Every entry has to be restated word for word.

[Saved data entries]
Content starts

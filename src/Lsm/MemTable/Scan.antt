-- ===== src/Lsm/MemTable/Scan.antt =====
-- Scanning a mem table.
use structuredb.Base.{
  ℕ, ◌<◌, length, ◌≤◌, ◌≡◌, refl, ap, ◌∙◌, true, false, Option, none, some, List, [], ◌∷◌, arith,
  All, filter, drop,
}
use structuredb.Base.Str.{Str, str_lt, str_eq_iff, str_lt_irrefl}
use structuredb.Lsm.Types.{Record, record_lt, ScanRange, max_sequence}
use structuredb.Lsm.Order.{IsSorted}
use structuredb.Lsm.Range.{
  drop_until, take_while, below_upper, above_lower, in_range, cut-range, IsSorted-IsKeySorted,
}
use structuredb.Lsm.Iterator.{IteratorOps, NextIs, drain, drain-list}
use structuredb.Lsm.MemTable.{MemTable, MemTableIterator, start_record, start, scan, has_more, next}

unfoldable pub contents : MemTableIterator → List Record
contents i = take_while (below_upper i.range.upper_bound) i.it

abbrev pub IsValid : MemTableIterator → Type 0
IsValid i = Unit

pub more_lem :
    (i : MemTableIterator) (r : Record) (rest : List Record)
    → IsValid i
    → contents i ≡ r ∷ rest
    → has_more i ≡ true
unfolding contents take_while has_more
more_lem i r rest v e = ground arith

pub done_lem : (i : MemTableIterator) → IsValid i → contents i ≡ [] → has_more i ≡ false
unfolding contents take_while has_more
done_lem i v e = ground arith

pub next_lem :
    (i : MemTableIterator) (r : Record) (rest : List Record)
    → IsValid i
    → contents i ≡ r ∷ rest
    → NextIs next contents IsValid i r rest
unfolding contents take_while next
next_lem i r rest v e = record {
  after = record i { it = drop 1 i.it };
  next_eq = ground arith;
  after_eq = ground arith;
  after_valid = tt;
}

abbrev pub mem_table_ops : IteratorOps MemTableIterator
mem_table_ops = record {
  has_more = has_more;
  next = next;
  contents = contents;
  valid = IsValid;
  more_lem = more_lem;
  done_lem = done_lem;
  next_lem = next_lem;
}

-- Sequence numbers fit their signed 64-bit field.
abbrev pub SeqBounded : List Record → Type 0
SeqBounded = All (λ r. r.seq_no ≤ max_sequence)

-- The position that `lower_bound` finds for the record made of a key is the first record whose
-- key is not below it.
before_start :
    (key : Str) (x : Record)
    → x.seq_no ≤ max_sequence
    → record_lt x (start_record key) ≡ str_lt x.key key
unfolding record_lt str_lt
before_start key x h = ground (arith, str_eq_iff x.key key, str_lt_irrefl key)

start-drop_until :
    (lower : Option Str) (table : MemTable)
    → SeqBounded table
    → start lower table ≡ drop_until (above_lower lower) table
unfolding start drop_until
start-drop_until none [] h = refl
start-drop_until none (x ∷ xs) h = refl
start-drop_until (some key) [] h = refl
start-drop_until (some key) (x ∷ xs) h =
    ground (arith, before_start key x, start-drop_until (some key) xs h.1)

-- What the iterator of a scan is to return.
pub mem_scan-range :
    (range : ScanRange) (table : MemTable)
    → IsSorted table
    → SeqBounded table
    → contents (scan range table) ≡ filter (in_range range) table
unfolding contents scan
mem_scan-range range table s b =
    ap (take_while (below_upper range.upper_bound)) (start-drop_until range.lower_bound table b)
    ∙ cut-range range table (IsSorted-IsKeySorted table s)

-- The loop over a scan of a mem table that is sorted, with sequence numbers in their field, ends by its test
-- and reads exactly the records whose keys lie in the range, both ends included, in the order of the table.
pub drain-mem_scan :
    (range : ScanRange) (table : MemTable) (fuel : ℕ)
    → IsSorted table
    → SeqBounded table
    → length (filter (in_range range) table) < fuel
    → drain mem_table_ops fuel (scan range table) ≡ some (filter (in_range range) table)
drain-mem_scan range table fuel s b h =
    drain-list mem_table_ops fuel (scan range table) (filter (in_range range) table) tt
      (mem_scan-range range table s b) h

Content ends

◆ **COMPLETED TASK**:
filename src/Lsm/MemTable/Scan.antt
-- ===== src/Lsm/MemTable/Scan.antt =====
-- Scanning a mem table.
use structuredb.Base.{
  ℕ, ◌<◌, length, ◌≤◌, ◌≡◌, refl, ap, ◌∙◌, true, false, Option, none, some, List, [], ◌∷◌, arith,
  All, filter, drop,
}
use structuredb.Base.Str.{Str, str_lt, str_eq_iff, str_lt_irrefl}
use structuredb.Lsm.Types.{Record, record_lt, ScanRange, max_sequence}
use structuredb.Lsm.Order.{IsSorted}
use structuredb.Lsm.Range.{
  drop_until, take_while, below_upper, above_lower, in_range, cut-range, IsSorted-IsKeySorted,
}
use structuredb.Lsm.Iterator.{IteratorOps, NextIs, drain, drain-list}
use structuredb.Lsm.MemTable.{MemTable, MemTableIterator, start_record, start, scan, has_more, next}

unfoldable pub contents : MemTableIterator → List Record
contents i = take_while (below_upper i.range.upper_bound) i.it

abbrev pub IsValid : MemTableIterator → Type 0
IsValid i = Unit

pub more_lem :
    (i : MemTableIterator) (r : Record) (rest : List Record)
    → IsValid i
    → contents i ≡ r ∷ rest
    → has_more i ≡ true
unfolding contents take_while has_more
more_lem i r rest v e = ground arith

pub done_lem : (i : MemTableIterator) → IsValid i → contents i ≡ [] → has_more i ≡ false
unfolding contents take_while has_more
done_lem i v e = ground arith

pub next_lem :
    (i : MemTableIterator) (r : Record) (rest : List Record)
    → IsValid i
    → contents i ≡ r ∷ rest
    → NextIs next contents IsValid i r rest
unfolding contents take_while next
next_lem i r rest v e = record {
  after = record i { it = drop 1 i.it };
  next_eq = ground arith;
  after_eq = ground arith;
  after_valid = tt;
}

abbrev pub mem_table_ops : IteratorOps MemTableIterator
mem_table_ops = record {
  has_more = has_more;
  next = next;
  contents = contents;
  valid = IsValid;
  more_lem = more_lem;
  done_lem = done_lem;
  next_lem = next_lem;
}

-- Sequence numbers fit their signed 64-bit field.
abbrev pub SeqBounded : List Record → Type 0
SeqBounded = All (λ r. r.seq_no ≤ max_sequence)

-- The position that `lower_bound` finds for the record made of a key is the first record whose
-- key is not below it.
before_start :
    (key : Str) (x : Record)
    → x.seq_no ≤ max_sequence
    → record_lt x (start_record key) ≡ str_lt x.key key
unfolding record_lt str_lt
before_start key x h = ground (arith, str_eq_iff x.key key, str_lt_irrefl key)

start-drop_until :
    (lower : Option Str) (table : MemTable)
    → SeqBounded table
    → start lower table ≡ drop_until (above_lower lower) table
unfolding start drop_until
start-drop_until none [] h = refl
start-drop_until none (x ∷ xs) h = refl
start-drop_until (some key) [] h = refl
start-drop_until (some key) (x ∷ xs) h =
    ground (arith, before_start key x, start-drop_until (some key) xs h.1)

-- What the iterator of a scan is to return.
pub mem_scan-range :
    (range : ScanRange) (table : MemTable)
    → IsSorted table
    → SeqBounded table
    → contents (scan range table) ≡ filter (in_range range) table
unfolding contents scan
mem_scan-range range table s b =
    ap (take_while (below_upper range.upper_bound)) (start-drop_until range.lower_bound table b)
    ∙ cut-range range table (IsSorted-IsKeySorted table s)

-- The loop over a scan of a mem table that is sorted, with sequence numbers in their field, ends by its test
-- and reads exactly the records whose keys lie in the range, both ends included, in the order of the table.
pub drain-mem_scan :
    (range : ScanRange) (table : MemTable) (fuel : ℕ)
    → IsSorted table
    → SeqBounded table
    → length (filter (in_range range) table) < fuel
    → drain mem_table_ops fuel (scan range table) ≡ some (filter (in_range range) table)
drain-mem_scan range table fuel s b h =
    drain-list mem_table_ops fuel (scan range table) (filter (in_range range) table) tt
      (mem_scan-range range table s b) h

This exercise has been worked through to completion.